Task item: Set down all the entries again, word for word.

Given data:
-- Opening Marker --

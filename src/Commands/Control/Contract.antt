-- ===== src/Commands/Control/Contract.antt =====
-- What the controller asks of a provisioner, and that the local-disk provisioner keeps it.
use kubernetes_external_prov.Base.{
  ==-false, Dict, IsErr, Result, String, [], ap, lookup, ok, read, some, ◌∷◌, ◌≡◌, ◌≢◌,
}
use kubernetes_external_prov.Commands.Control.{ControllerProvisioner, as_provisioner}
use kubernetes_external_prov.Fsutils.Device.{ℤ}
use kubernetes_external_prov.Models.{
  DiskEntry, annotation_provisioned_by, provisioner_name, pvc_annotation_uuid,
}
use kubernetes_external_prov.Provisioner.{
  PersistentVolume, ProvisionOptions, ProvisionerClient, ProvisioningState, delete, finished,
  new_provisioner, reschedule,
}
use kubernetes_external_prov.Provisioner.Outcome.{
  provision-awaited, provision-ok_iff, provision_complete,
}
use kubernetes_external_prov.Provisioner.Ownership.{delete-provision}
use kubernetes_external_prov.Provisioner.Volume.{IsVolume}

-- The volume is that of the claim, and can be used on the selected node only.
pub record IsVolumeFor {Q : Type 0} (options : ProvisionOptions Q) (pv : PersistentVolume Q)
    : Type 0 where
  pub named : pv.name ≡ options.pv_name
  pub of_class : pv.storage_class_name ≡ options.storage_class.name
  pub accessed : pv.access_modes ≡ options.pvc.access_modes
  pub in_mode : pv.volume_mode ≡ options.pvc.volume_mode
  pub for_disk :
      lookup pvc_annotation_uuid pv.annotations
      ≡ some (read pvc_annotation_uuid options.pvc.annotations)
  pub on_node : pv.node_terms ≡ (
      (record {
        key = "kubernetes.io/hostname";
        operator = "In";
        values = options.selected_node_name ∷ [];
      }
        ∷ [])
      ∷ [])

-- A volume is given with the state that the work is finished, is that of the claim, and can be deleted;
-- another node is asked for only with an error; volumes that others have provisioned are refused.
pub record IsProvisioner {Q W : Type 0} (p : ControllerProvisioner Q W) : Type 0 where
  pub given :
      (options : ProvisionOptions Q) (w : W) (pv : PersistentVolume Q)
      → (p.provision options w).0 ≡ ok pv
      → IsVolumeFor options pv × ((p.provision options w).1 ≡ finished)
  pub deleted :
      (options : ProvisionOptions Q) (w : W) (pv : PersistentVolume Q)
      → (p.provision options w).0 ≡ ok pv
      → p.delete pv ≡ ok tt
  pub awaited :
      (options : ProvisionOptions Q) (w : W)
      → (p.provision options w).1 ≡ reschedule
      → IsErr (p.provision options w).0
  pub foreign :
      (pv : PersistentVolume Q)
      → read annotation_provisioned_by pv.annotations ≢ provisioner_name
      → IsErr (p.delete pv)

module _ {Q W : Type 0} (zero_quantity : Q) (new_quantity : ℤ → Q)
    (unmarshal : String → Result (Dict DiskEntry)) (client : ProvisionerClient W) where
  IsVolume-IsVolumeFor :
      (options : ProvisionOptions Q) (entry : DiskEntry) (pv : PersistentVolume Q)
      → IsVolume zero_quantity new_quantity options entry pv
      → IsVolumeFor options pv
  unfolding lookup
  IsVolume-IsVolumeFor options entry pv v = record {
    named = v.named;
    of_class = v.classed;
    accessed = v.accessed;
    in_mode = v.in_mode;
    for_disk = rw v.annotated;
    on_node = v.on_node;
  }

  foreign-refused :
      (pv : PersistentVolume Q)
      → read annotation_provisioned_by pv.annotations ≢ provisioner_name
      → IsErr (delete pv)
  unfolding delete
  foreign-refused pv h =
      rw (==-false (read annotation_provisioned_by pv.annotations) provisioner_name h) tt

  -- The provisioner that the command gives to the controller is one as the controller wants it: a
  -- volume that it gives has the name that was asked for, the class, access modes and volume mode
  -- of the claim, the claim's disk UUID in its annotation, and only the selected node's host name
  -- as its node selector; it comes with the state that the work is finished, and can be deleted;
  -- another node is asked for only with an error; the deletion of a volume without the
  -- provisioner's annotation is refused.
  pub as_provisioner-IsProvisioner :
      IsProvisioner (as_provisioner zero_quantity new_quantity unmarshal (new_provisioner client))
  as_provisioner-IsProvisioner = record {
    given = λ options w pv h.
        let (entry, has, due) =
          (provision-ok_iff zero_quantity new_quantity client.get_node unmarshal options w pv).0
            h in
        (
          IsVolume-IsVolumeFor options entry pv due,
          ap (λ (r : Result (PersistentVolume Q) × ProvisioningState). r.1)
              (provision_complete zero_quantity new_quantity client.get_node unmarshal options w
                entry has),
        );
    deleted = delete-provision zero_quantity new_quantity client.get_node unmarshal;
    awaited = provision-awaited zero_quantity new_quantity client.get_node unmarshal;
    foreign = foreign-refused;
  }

-- Closing Marker --

Answer box:
filename src/Commands/Control/Contract.antt
-- ===== src/Commands/Control/Contract.antt =====
-- What the controller asks of a provisioner, and that the local-disk provisioner keeps it.
use kubernetes_external_prov.Base.{
  ==-false, Dict, IsErr, Result, String, [], ap, lookup, ok, read, some, ◌∷◌, ◌≡◌, ◌≢◌,
}
use kubernetes_external_prov.Commands.Control.{ControllerProvisioner, as_provisioner}
use kubernetes_external_prov.Fsutils.Device.{ℤ}
use kubernetes_external_prov.Models.{
  DiskEntry, annotation_provisioned_by, provisioner_name, pvc_annotation_uuid,
}
use kubernetes_external_prov.Provisioner.{
  PersistentVolume, ProvisionOptions, ProvisionerClient, ProvisioningState, delete, finished,
  new_provisioner, reschedule,
}
use kubernetes_external_prov.Provisioner.Outcome.{
  provision-awaited, provision-ok_iff, provision_complete,
}
use kubernetes_external_prov.Provisioner.Ownership.{delete-provision}
use kubernetes_external_prov.Provisioner.Volume.{IsVolume}

-- The volume is that of the claim, and can be used on the selected node only.
pub record IsVolumeFor {Q : Type 0} (options : ProvisionOptions Q) (pv : PersistentVolume Q)
    : Type 0 where
  pub named : pv.name ≡ options.pv_name
  pub of_class : pv.storage_class_name ≡ options.storage_class.name
  pub accessed : pv.access_modes ≡ options.pvc.access_modes
  pub in_mode : pv.volume_mode ≡ options.pvc.volume_mode
  pub for_disk :
      lookup pvc_annotation_uuid pv.annotations
      ≡ some (read pvc_annotation_uuid options.pvc.annotations)
  pub on_node : pv.node_terms ≡ (
      (record {
        key = "kubernetes.io/hostname";
        operator = "In";
        values = options.selected_node_name ∷ [];
      }
        ∷ [])
      ∷ [])

-- A volume is given with the state that the work is finished, is that of the claim, and can be deleted;
-- another node is asked for only with an error; volumes that others have provisioned are refused.
pub record IsProvisioner {Q W : Type 0} (p : ControllerProvisioner Q W) : Type 0 where
  pub given :
      (options : ProvisionOptions Q) (w : W) (pv : PersistentVolume Q)
      → (p.provision options w).0 ≡ ok pv
      → IsVolumeFor options pv × ((p.provision options w).1 ≡ finished)
  pub deleted :
      (options : ProvisionOptions Q) (w : W) (pv : PersistentVolume Q)
      → (p.provision options w).0 ≡ ok pv
      → p.delete pv ≡ ok tt
  pub awaited :
      (options : ProvisionOptions Q) (w : W)
      → (p.provision options w).1 ≡ reschedule
      → IsErr (p.provision options w).0
  pub foreign :
      (pv : PersistentVolume Q)
      → read annotation_provisioned_by pv.annotations ≢ provisioner_name
      → IsErr (p.delete pv)

module _ {Q W : Type 0} (zero_quantity : Q) (new_quantity : ℤ → Q)
    (unmarshal : String → Result (Dict DiskEntry)) (client : ProvisionerClient W) where
  IsVolume-IsVolumeFor :
      (options : ProvisionOptions Q) (entry : DiskEntry) (pv : PersistentVolume Q)
      → IsVolume zero_quantity new_quantity options entry pv
      → IsVolumeFor options pv
  unfolding lookup
  IsVolume-IsVolumeFor options entry pv v = record {
    named = v.named;
    of_class = v.classed;
    accessed = v.accessed;
    in_mode = v.in_mode;
    for_disk = rw v.annotated;
    on_node = v.on_node;
  }

  foreign-refused :
      (pv : PersistentVolume Q)
      → read annotation_provisioned_by pv.annotations ≢ provisioner_name
      → IsErr (delete pv)
  unfolding delete
  foreign-refused pv h =
      rw (==-false (read annotation_provisioned_by pv.annotations) provisioner_name h) tt

  -- The provisioner that the command gives to the controller is one as the controller wants it: a
  -- volume that it gives has the name that was asked for, the class, access modes and volume mode
  -- of the claim, the claim's disk UUID in its annotation, and only the selected node's host name
  -- as its node selector; it comes with the state that the work is finished, and can be deleted;
  -- another node is asked for only with an error; the deletion of a volume without the
  -- provisioner's annotation is refused.
  pub as_provisioner-IsProvisioner :
      IsProvisioner (as_provisioner zero_quantity new_quantity unmarshal (new_provisioner client))
  as_provisioner-IsProvisioner = record {
    given = λ options w pv h.
        let (entry, has, due) =
          (provision-ok_iff zero_quantity new_quantity client.get_node unmarshal options w pv).0
            h in
        (
          IsVolume-IsVolumeFor options entry pv due,
          ap (λ (r : Result (PersistentVolume Q) × ProvisioningState). r.1)
              (provision_complete zero_quantity new_quantity client.get_node unmarshal options w
                entry has),
        );
    deleted = delete-provision zero_quantity new_quantity client.get_node unmarshal;
    awaited = provision-awaited zero_quantity new_quantity client.get_node unmarshal;
    foreign = foreign-refused;
  }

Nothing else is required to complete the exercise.